莫再习惯性地向外寻求答案,为自己留出时间,在内心的林间小径漫步。你的爱、信念与个人愿景,终将为你构筑恒久的安全感与归属感。无论外人多么深爱你,唯有你能亲自向那隧道尽头的微光一步一步爬行。
引句:
“多数人以为自己缺乏动力,其实不过是缺乏清晰方向。”
——詹姆斯·克利尔,《原子习惯》作者
社会所渲染的传统、欢腾的圣诞,往往凝聚了所有未能兑现的期待,仿佛一场严令众生合唱“欢乐”的大戏。但于我而言,这个时节却可成为映照黑暗的明灯,使我们借助这抹光芒,深化与自身的联结。

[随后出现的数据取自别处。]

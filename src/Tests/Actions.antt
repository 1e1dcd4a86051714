-- ===== src/Tests/Actions.antt =====
-- Runs of the response actuator, and its theorems at concrete inputs.
use arbiter_ai.Base.{ℕ, ◌≡◌, refl, true, false, none, some, [], ◌∷◌, ◌++◌, Among, inl}
use arbiter_ai.Values.{Value, Entries}
use arbiter_ai.Schema.{Event, Verdict, escalate}
use arbiter_ai.Respond.{
  ResponseAction, auto, plan, Shell, exited, timed_out, Responder, respond, respond_run,
}
use arbiter_ai.Respond.Catalog.{block_ip}
use arbiter_ai.Respond.Auto.{Autonomous, plan-Autonomous}
use arbiter_ai.Respond.Runs.{Completed, respond-dry, respond-Completed}
use arbiter_ai.Tests.Fixtures.{thousandths, root_account, benign_verdict}

abbrev brute_force : Event ℕ
brute_force = record root_account {
  event_type = "auth_bruteforce";
  fields = Entries.entry "src_ip" (Value.str "203.0.113.9") Entries.end;
}

abbrev raised : Verdict ℕ
raised = record benign_verdict { decision = escalate }

abbrev block : ResponseAction
block = record {
  kind = block_ip;
  target = "203.0.113.9";
  host = "web-01";
  ttl_minutes = some 60;
  command = "nft add element inet arbiter blocked { 203.0.113.9 timeout 60m }";
  reason = "brute force from 203.0.113.9; drop that source for 60m";
  mode = auto;
  event_id = "e1";
  signature = "auditd:auth_bruteforce:web-01";
  executed = false;
  dry_run = true;
  timestamp = "now";
}

abbrev willing : Shell
willing past c = exited 0

abbrev stuck : Shell
stuck past c = timed_out

abbrev rehearsal : Responder
rehearsal = record { dry_run = true; audit = []; ran = [] }

abbrev live : Responder
live = record { dry_run = false; audit = []; ran = [] }

-- A live responder runs the block; a shell that hangs leaves no audit entry; a suppression and an
-- unknown event type have no action.
respond_runs :
    (plan "now" brute_force raised ≡ block ∷ [])
    × (respond willing "now" brute_force raised live ≡ (
      some (record block { executed = true; dry_run = false } ∷ []),
      record {
        dry_run = false;
        audit = record block { executed = true; dry_run = false } ∷ [];
        ran = block.command ∷ [];
      },
    ))
    × (respond stuck "now" brute_force raised live
        ≡ (none, record { dry_run = false; audit = []; ran = block.command ∷ [] }))
    × (plan "now" brute_force benign_verdict ≡ [])
    × (plan "now" (record brute_force { event_type = "io_spike" }) raised ≡ [])
unfolding respond_run
respond_runs = (refl, refl, refl, refl, refl)

block-planned : Among block (plan "now" brute_force raised)
unfolding respond_run
block-planned = inl refl

plan-Autonomous_example : Autonomous "now" brute_force raised block
plan-Autonomous_example = plan-Autonomous "now" brute_force raised block block-planned refl

respond-dry_example : respond stuck "now" brute_force raised rehearsal ≡ (
  some (plan "now" brute_force raised),
  record rehearsal { audit = [] ++ plan "now" brute_force raised },
)
respond-dry_example = respond-dry stuck "now" brute_force raised rehearsal refl

respond-Completed_example :
    Completed (plan "now" brute_force raised) live (respond willing "now" brute_force raised live)
respond-Completed_example =
    respond-Completed willing "now" brute_force raised live refl (λ past c. (0, refl))
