-- ===== src/Tests/Alerts.antt =====
-- Runs of the telemetry contract and the correlation, and their theorems at concrete inputs.
use arbiter_ai.Base.{ℕ, ◌≡◌, refl, Bool, true, false, none, some, [], ◌∷◌, require}
use arbiter_ai.Base.Decimal.{decimal, numeral}
use arbiter_ai.Values.{
  Value, Entries, int, pos, str, obj, null, bool, float, entry, end, get, get_value, truthy, equals,
}
use arbiter_ai.Schema.{Event}
use arbiter_ai.Guardrails.Access.{high_priority_tool_finding}
use arbiter_ai.Telemetry.{SecurityEvent, Platform, checked, checked_port, checked_address, texts}
use arbiter_ai.Telemetry.Contract.{IsChecked, checked-IsChecked}
use arbiter_ai.Telemetry.Evidence.{Builtins, tool_finding, reported_high}
use arbiter_ai.Telemetry.Legacy.{to_event, put, pop, copied, renamed, cleaned}
use arbiter_ai.Telemetry.Provenance.{tool_rail-Derived}
use arbiter_ai.Correlation.{Match}
use arbiter_ai.Tests.Fixtures.{thousandths}

abbrev pub plain_event : SecurityEvent ℕ
plain_event = record {
  source_type = "wazuh";
  hostname = "web-01";
  event_type = "network_alert";
  message = "alert";
  schema_version = "1.0";
  event_id = "e1";
  timestamp = "2026-01-02T10:00:00+00:00";
  received_at = "2026-01-02T10:00:01+00:00";
  source_vendor = "";
  source_product = "";
  device_id = "";
  username = "eve";
  user_id = "";
  src_ip = "203.0.113.7";
  src_port = null;
  dst_ip = "";
  dst_port = null;
  protocol = "";
  process_name = "";
  process_id = "";
  parent_process = "";
  command_line = "";
  file_path = "";
  file_hash = "";
  event_category = "alert";
  action = "";
  severity = 5000;
  raw_event = null;
  cloud_provider = "";
  cloud_account = "";
  region = "";
  resource_id = "";
  rule_name = "";
  rule_id = "100";
  tags = [];
  metadata = end;
}

abbrev pub builtins : Builtins ℕ
builtins = record {
  to_dict = λ v. elim v [ Value.obj d ↦ some d | _ ↦ none ];
  to_float = λ v. none;
  windows_path = λ s. s;
}

abbrev platform : Platform ℕ
platform = record {
  fresh_id = "f";
  timestamp = λ s. some s;
  reception = λ s. some s;
  address = λ s. some s;
  json_bytes = λ e. 900;
}

-- an upload that claims a finding and gives its port as a text
abbrev upload : SecurityEvent ℕ
upload = record plain_event {
  src_port = str "443";
  dst_ip = "unknown";
  metadata = entry "normalized_by" (str "wazuh") (
      entry "wazuh_level" (int (pos 13)) (
        entry "legacy_fields"
          (obj (entry "_tool_finding" (str "fake") (entry "_collector_activity" (bool true) end)))
          end));
}

abbrev accepted : SecurityEvent ℕ
accepted = record upload { src_port = int (pos 443); dst_ip = "" }

checked-upload : checked platform upload ≡ some accepted
unfolding checked require checked_port checked_address texts numeral decimal
checked-upload = refl

checked-IsChecked_example : IsChecked platform accepted
checked-IsChecked_example = checked-IsChecked platform upload accepted checked-upload

abbrev wazuh_finding : Entries ℕ
wazuh_finding = entry "source" (str "wazuh") (
    entry "high_priority" (bool true) (
      entry "type" (str "network_alert") (
        entry "rule_id" (str "100") (
          entry "name" (str "")
            (entry "source_severity" (float 5000) (entry "reported_action" (str "") end))))))

abbrev legacy_form : Event ℕ
legacy_form = record {
  source = "wazuh";
  host = "web-01";
  event_type = "network_alert";
  message = "alert";
  severity = 5000;
  timestamp = "2026-01-02T10:00:00+00:00";
  id = "e1";
  fields = entry "src_ip" (str "203.0.113.7") (
      entry "src_port" (int (pos 443)) (
        entry "username" (str "eve") (
          entry "user" (str "eve") (
            entry "_tool_finding" (obj wazuh_finding) (
              entry "_telemetry"
                (obj (entry "source" (str "wazuh") (entry "category" (str "alert") end))) end)))));
}

-- The payload's own marks are gone, and the adapter's finding stands in their place.
accepted_form : to_event builtins accepted ≡ some legacy_form
unfolding to_event copied renamed cleaned put pop tool_finding reported_high get get_value truthy
accepted_form = refl

rail_fires : high_priority_tool_finding legacy_form ≡ true
unfolding high_priority_tool_finding
rail_fires = refl

tool_rail-Derived_example :
    (equals (get_value "normalized_by" accepted.metadata) "wazuh" ≡ true)
    × (reported_high builtins accepted ≡ some (some true))
tool_rail-Derived_example = tool_rail-Derived builtins accepted legacy_form accepted_form rail_fires

-- a connection of the program that Defender found
abbrev connection : SecurityEvent ℕ
connection = record plain_event {
  source_type = "sysmon";
  event_type = "network_connection";
  process_name = "/tmp/drop.exe";
  metadata = end;
}

abbrev detection : SecurityEvent ℕ
detection = record plain_event {
  source_type = "defender";
  event_type = "malware_detection";
  event_id = "d1";
  file_path = "file:_/tmp/drop.exe";
  metadata = entry "_collector_origin" (str "defender") end;
}

abbrev same_text : Value ℕ → Value ℕ → Bool
same_text v w = elim v [ Value.str s ↦ equals w s | _ ↦ false ]

abbrev malware_match : Match ℕ
malware_match = record {
  rule = "malware_process_network";
  events = "d1" ∷ [];
  severity = 9000;
  verified_tool_source = true;
  reason =
      "Activity by the exact executable associated with a recent Defender malware detection on this host";
}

让我们从此重新定义圣诞。让它成为容纳一切情绪的温床,让我们坦然承接所有内在片段。让我们赞颂作为人类的特权——在同一时刻感受多元而复杂的心绪。让我们借此厘清生命的旨归,明确我们欲以何种姿态呈现于尘世。
在那竹篾筐底、苦涩但充满潜能的“烂橘子”角落——那里也许正是酿造琼浆的幽深处——我为你献上一份内观的圣诞祝福。愿你在这年终时光,汲取新生的韧力,以优雅从容的心境迎接来年的诸般挑战。